I was wondering what format other forum members use to access music (mp3, cd, vinyl etc) Whats bought this question about I hear you cry :laugh: Well in 2008 I received an Ipod touch for Christmas and I duly converted my cd's to ITunes and purchased a few albums from them. The other day I noticed I hadn't listened to an album for years, I had in fact resorted to just listening to individual songs on youtube through my Ipod, a sad state of affairs :sadwalk: Determined to rectify this I decided to buy a CD/ Radio combo, I duly bought an Evoke CD 4 and couldn't be happier. I now have the joy of music back and the joy of having albums (on CD) with their corresponding artwork and booklets to look through, without the hassle of having to fire up the computer to access my music! So how do you good people access your favourite music?

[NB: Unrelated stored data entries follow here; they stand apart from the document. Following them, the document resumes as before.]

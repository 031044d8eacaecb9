-- ===== src/Kv8log/Ctl.antt =====
-- The control messages on a session's `._ctl` topic, libs/kv8log/lib/kv8log_impl.cpp: `ParseCtlMsg`,
-- and the messages that `kv8log_set_counter_enabled` and `WriteSessionHeader` print.
pub mod RoundTrip
pub mod Ending
use kv8_metrics.Prelude.{
  ℕ, zero, suc, ◌+◌, ◌-◌, ◌≤◌, ◌≡◌, Bool, true, false, Option, none, some, List, [], ◌∷◌, ◌++◌,
  ◌==◌, ◌&&◌, ◌||◌, ltb, leb, not, if◌then◌else◌,
}
use kv8_metrics.Prelude.Bytes.{Bytes, codes}
use kv8_metrics.Prelude.Decimal.{decimal, is_digit, read_digits}

-- What follows `key` at the start of a text.
unfoldable pub strip : Bytes → Bytes → Option Bytes
strip [] s = some s
strip (k ∷ ks) [] = none
strip (k ∷ ks) (c ∷ cs) = if k == c then strip ks cs else none

-- What follows the first occurrence of `key`.
unfoldable pub find_key : Bytes → Bytes → Option Bytes
unfolding strip
find_key key [] = strip key []
find_key key (c ∷ cs) =
    let later = find_key key cs in
    elim (strip key (c ∷ cs)) [ some rest ↦ some rest | none ↦ later ]

-- `while (*p == ' ' || *p == '\t') ++p`
unfoldable pub skip_blanks : Bytes → Bytes
skip_blanks [] = []
skip_blanks (c ∷ cs) = if c == 32 || c == 9 then skip_blanks cs else c ∷ cs

-- `isspace` in the C locale.
abbrev is_space : ℕ → Bool
is_space c = c == 32 || (leb 9 c && leb c 13)

unfoldable pub skip_spaces : Bytes → Bytes
skip_spaces [] = []
skip_spaces (c ∷ cs) = if is_space c then skip_spaces cs else c ∷ cs

-- strtol stops at a character of the text: behind the spaces, at the first that is no digit.
unfoldable pub digits_end : Bytes → Bool
digits_end [] = false
digits_end (c ∷ cs) = if is_digit c then digits_end cs else true

unfoldable pub number_ends : Bytes → Bool
unfolding digits_end
number_ends [] = false
number_ends (c ∷ cs) = if c == b'-' || c == b'+' then digits_end cs else digits_end (c ∷ cs)

-- The digits of `strtol`, in base 10: none if there is no digit, else the sign and the value.
unfoldable pub signed_digits : Bool → Bytes → Option (Bool × ℕ)
signed_digits negative [] = none
signed_digits negative (c ∷ cs) =
    if is_digit c then some (negative, (read_digits 0 (c ∷ cs)).0) else none

unfoldable pub after_sign : Bytes → Option (Bool × ℕ)
unfolding signed_digits
after_sign [] = none
after_sign (c ∷ cs) =
    if c == b'-'
    then signed_digits true cs
    else if c == b'+'
    then signed_digits false cs
    else signed_digits false (c ∷ cs)

-- For a text in which the number ends.
unfoldable pub strtol : Bytes → Option (Bool × ℕ)
unfolding skip_spaces after_sign
strtol s = after_sign (skip_spaces s)

-- `wid < 0 || wid > 0xFFFF`
unfoldable pub check_wid : Bool × ℕ → Option ℕ
check_wid (negative, v) = if (negative && not (v == 0)) || ltb 0xFFFF v then none else some v

abbrev pub true_text : Bytes
true_text = codes "true"

abbrev pub false_text : Bytes
false_text = codes "false"

unfoldable pub parse_enabled : Bytes → Option Bool
unfolding strip
parse_enabled s = elim (strip true_text s) [
  | some _ ↦ some true
  | none ↦ elim (strip false_text s) [ some _ ↦ some false | none ↦ none ]
]

abbrev pub wid_key : Bytes
wid_key = codes "\"wid\":"

abbrev pub enabled_key : Bytes
enabled_key = codes "\"enabled\":"

-- The payload ends with no zero byte, so that `strtol` may go past its end.
pub data CtlMsg : Type 0 where
  rejected : CtlMsg
  past_end : CtlMsg
  command : (wid : ℕ) (enabled : Bool) → CtlMsg

-- From the test of the id on.
unfoldable pub command_of : Option ℕ → Bytes → CtlMsg
command_of none pe = CtlMsg.rejected
command_of (some wid) pe = elim (parse_enabled pe) [
  | none ↦ CtlMsg.rejected
  | some enabled ↦ CtlMsg.command wid enabled
]

-- From the number on.
unfoldable pub parse_values : Bytes → Bytes → CtlMsg
parse_values pw pe =
    let wid : Option ℕ = elim (strtol pw) [ none ↦ none | some number ↦ check_wid number ] in
    if number_ends (skip_spaces pw) then command_of wid pe else CtlMsg.past_end

unfoldable pub parse_ctl_msg : Bytes → CtlMsg
parse_ctl_msg p = elim (find_key wid_key p) [
  | none ↦ CtlMsg.rejected
  | some pw ↦ elim (find_key enabled_key p) [
    | none ↦ CtlMsg.rejected
    | some pe ↦ parse_values (skip_blanks pw) (skip_blanks pe)
  ]
]

-- {"v":1,"cmd":"ctr_state","wid":%u,"enabled":%s,"ts":%llu}
unfoldable pub ctr_state_msg : ℕ → Bool → ℕ → Bytes
ctr_state_msg id enabled ts =
    codes "{\"v\":1,\"cmd\":\"ctr_state\",\"wid\":"
    ++ (decimal id
        ++ (codes ",\"enabled\":"
            ++ ((if enabled then true_text else false_text)
                ++ (codes ",\"ts\":" ++ (decimal ts ++ codes "}")))))

-- {"v":1,"cmd":"session_open","ts":%llu}
unfoldable pub session_open_msg : ℕ → Bytes
session_open_msg ts = codes "{\"v\":1,\"cmd\":\"session_open\",\"ts\":" ++ (decimal ts ++ codes "}")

A picture of the lovely looking (in my eyes) and compact Evoke CD 4









__
https://flic.kr/p/HBBNrp


----------



## jsud2002 (Nov 7, 2015)

Mainly radio but I do have some well quite a few mp3 albums floating around the cloud which I can access from my laptop and phone and when I play them they come through a wireless speaker I have .

I hear that vinyl is making a big comeback now that would be good to get back into , did a few years as a dj in a club in my youth and learnt with vinyl


----------



## graham1981 (Jan 1, 2016)

jsud2002 said:


> I hear that vinyl is making a big comeback now that would be good to get back into , did a few years as a dj in a club in my youth and learnt with vinyl


 I did a tiny amount of dj'ing once upon a time, trance mainly, but have always preferred listening to music and clubbing. *sigh* I miss my clubbing days, the dry ice, glow bands around your arms and getting said arms into the air when the dj dropped a particularly 'phat' tune *sigh* I always wanted to be a crasher kid lol but never got to Gatecrasher


----------



## William_Wilson (May 21, 2007)

I have an Onkyo 5.1 home entertainment receiver connected to my computer. I have both HDMI and optical connections hooked up. I also have an Internet radio connected to the receiver with analogue cables. The Onkyo has an FM coax rod aerial and AM loop on it as well. So basically world/oyster situation. :wink:

Later,
William


----------



## marley (Dec 22, 2012)

Funnily enough! I just (well 2 or 3 weeks ago anyway!)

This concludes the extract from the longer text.